Wednesday, July 28, 2010

Live Music... Wednesday? Old Crow Medicine Show

Sorry, it's been months and it ain't Friday, but I was just feeling like it tonight. Myles, who will be 2 in a couple of weeks, and I were playing "jams" (as he calls them) this evening from Youtube through the DVD player. This is one of his favorites of all time. "Wagon Wheel" by Old Crow Medicine Show. OCMS is a true old-time string band. Fiddles. Guitars. Banjos. Double bass. The occasional harmonica, Great music. It's not really bluegrass and it's not really country, but it is authentic old timey Americana, the kind of music that rural Americans played on the farms, ranches and homesteads by themselves and for themselves before it became common to listen to music recorded by other people - via the radio.

This particular song, "Wagon Wheel," is listed with a co-writing credit between OCMS's lead vocalist and fiddler, Ketch Secor, and the legendary Bob Dylan.
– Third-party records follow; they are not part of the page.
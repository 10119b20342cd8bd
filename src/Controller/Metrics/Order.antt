-- ===== src/Controller/Metrics/Order.antt =====
-- Lists in the order of their seconds, for internal/controller/metrics.go: the sort of the due
-- buckets, and entries of a map that a test selects.
use home_bench.Base.{
  All-map, All-append, ℕ, ◌≤◌, ◌<◌, ◌≡◌, ◌≢◌, inl, inr, false, List, [], ◌∷◌, ◌++◌, arith, ◌==◌,
  nat_eq, Bool-cases, All, insert, keys, contains, Distinct, ltb, eq_iff,
}
use home_bench.Controller.Metrics.{insert_due, sort_due}

-- Strictly ascending seconds.
abbrev pub Ascending : List ℕ → Type 0
Ascending [] = Unit
Ascending (t ∷ ts) = All (λ u. t < u) ts × Ascending ts

-- All of the seconds are before the given one.
abbrev pub Below : List ℕ → ℕ → Type 0
Below ts k = All (λ t. t < k) ts

pub Below-trans : (ts : List ℕ) (k j : ℕ) → k ≤ j → Below ts k → Below ts j
Below-trans ts k j h = All-map (λ t p. omega arith) ts

pub Ascending-append :
    (xs ys : List ℕ)
    → Ascending xs
    → Ascending ys
    → All (λ x. All (λ y. x < y) ys) xs
    → Ascending (xs ++ ys)
Ascending-append [] ys a b h = b
Ascending-append (x ∷ xs) ys a b h =
    (All-append (λ u. x < u) xs ys a.0 h.0, Ascending-append xs ys a.1 b h.1)

-- From "each entry of one list is after all of the other" to the reverse reading.
pub All-swap : (xs ys : List ℕ) → All (λ y. Below xs y) ys → All (λ x. All (λ y. x < y) ys) xs
All-swap [] ys h = tt
All-swap (x ∷ xs) ys h = (All-map (λ y p. p.0) ys h, All-swap xs ys (All-map (λ y p. p.1) ys h))

module _ {ℓ κ} {A : Type ℓ} (P : ℕ × A → Type κ) where
  All-insert_due : (a : ℕ × A) (bs : List (ℕ × A)) → P a → All P bs → All P (insert_due a bs)
  unfolding insert_due
  All-insert_due a [] p q = (p, tt)
  All-insert_due a (b ∷ bs) p q = elim (Bool-cases (ltb b.0 a.0)) [
    | inl h ↦ rw h (q.0, All-insert_due a bs p q.1)
    | inr h ↦ rw h (p, q)
  ]

  pub All-sort_due : (bs : List (ℕ × A)) → All P bs → All P (sort_due bs)
  unfolding sort_due
  All-sort_due [] p = tt
  All-sort_due (a ∷ bs) p = All-insert_due a (sort_due bs) p.0 (All-sort_due bs p.1)

  pub All-insert : (k : ℕ) (v : A) (m : List (ℕ × A)) → P (k, v) → All P m → All P (insert k v m)
  unfolding insert
  All-insert k v [] p q = (p, tt)
  All-insert k v (e ∷ m) p q = elim (Bool-cases (e.0 == k)) [
    | inl h ↦ rw h (p, q.1)
    | inr h ↦ rw h (q.0, All-insert k v m p q.1)
  ]

module _ {ℓ} {A : Type ℓ} where
  pub All-keys : (Q : ℕ → Type 0) (m : List (ℕ × A)) → All (λ e. Q e.0) m → All Q (keys m)
  All-keys Q [] h = tt
  All-keys Q (e ∷ m) h = (h.0, All-keys Q m h.1)

  All-keys_back : (Q : ℕ → Type 0) (m : List (ℕ × A)) → All Q (keys m) → All (λ e. Q e.0) m
  All-keys_back Q [] h = tt
  All-keys_back Q (e ∷ m) h = (h.0, All-keys_back Q m h.1)

  differ : (k : ℕ) (m : List (ℕ × A)) → contains k (keys m) ≡ false → All (λ e. e.0 ≢ k) m
  unfolding contains
  differ k [] h = tt
  differ k (e ∷ m) h = (ground (arith, eq_iff e.0 k), differ k m (ground arith))

  insert_due-Ascending :
      (a : ℕ × A) (bs : List (ℕ × A))
      → All (λ e. e.0 ≢ a.0) bs
      → Ascending (keys bs)
      → Ascending (keys (insert_due a bs))
  unfolding insert_due
  insert_due-Ascending a [] d s = (tt, tt)
  insert_due-Ascending a (b ∷ bs) d s = elim (Bool-cases (ltb b.0 a.0)) [
    | inl h ↦ rw h (
      All-keys (λ k. b.0 < k) (insert_due a bs)
          (All-insert_due (λ e. b.0 < e.0) a bs (ground (arith, h))
            (All-keys_back (λ k. b.0 < k) bs s.0)),
      insert_due-Ascending a bs d.1 s.1,
    )
    | inr h ↦
        rw h ((ground (arith, h, d.0), All-map (λ k p. ground (arith, h, p)) (keys bs) s.0), s)
  ]

  -- The sorted entries of a map are strictly ascending.
  pub sort_due-Ascending : (m : List (ℕ × A)) → Distinct (keys m) → Ascending (keys (sort_due m))
  unfolding sort_due
  sort_due-Ascending [] d = tt
  sort_due-Ascending (a ∷ m) d =
      insert_due-Ascending a (sort_due m) (All-sort_due (λ e. e.0 ≢ a.0) m (differ a.0 m d.0))
        (sort_due-Ascending m d.1)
How does this happen? Well, young Ketch is a major music junkie, and he was in the process of listening to every bootleg and outtake available of Bob Dylan's and he heard this "Rock Me Mamma" chorus sung by Dylan on an old tape. It was really just an idea for a song that Dylan did for a movie soundtrack. Secor took that idea and finished it with several verses about hitchhiking from college in New York to get back home to his native North Carolina. Once OCMS started getting some local notoriety, Ketch realized that he really better get some rights to this song if they are going to sell it... I mean, it started as a Dylan song. They ended up with co-credits and the song became synonymous with OCMS.

These guys can play their instruments, but they also have ridiculous voices suited to this kind of music. Listen to Ketch on the leads, but keep an ear out for when the skinny, scraggly-haired guitarist chimes in with the high notes to harmonize with Ketch - if you like music, these vocal harmonies are fucking hair-raising - especially if you've had a few whiskeys and miss somebody or somewhere.

Great lyrics, simple heart-felt ideas, Americana imagery. Trike and I are committed to seeing these Carolina boys perform in their adopted new home of Nashville. Just hear how the home crowd goes nuts when he mentions the Volunteer State in this verse about trying to get home:

Walking due south out of Roanoke,
I caught a trucker out of Philly, had a nice long toke
But he's headed west from the Cumberland Gap
To Johnson City, Tennessee


Go ahead, treat yourself. Don't be shy about saying "gawdayam!" when you hear the fiddle parts between verses.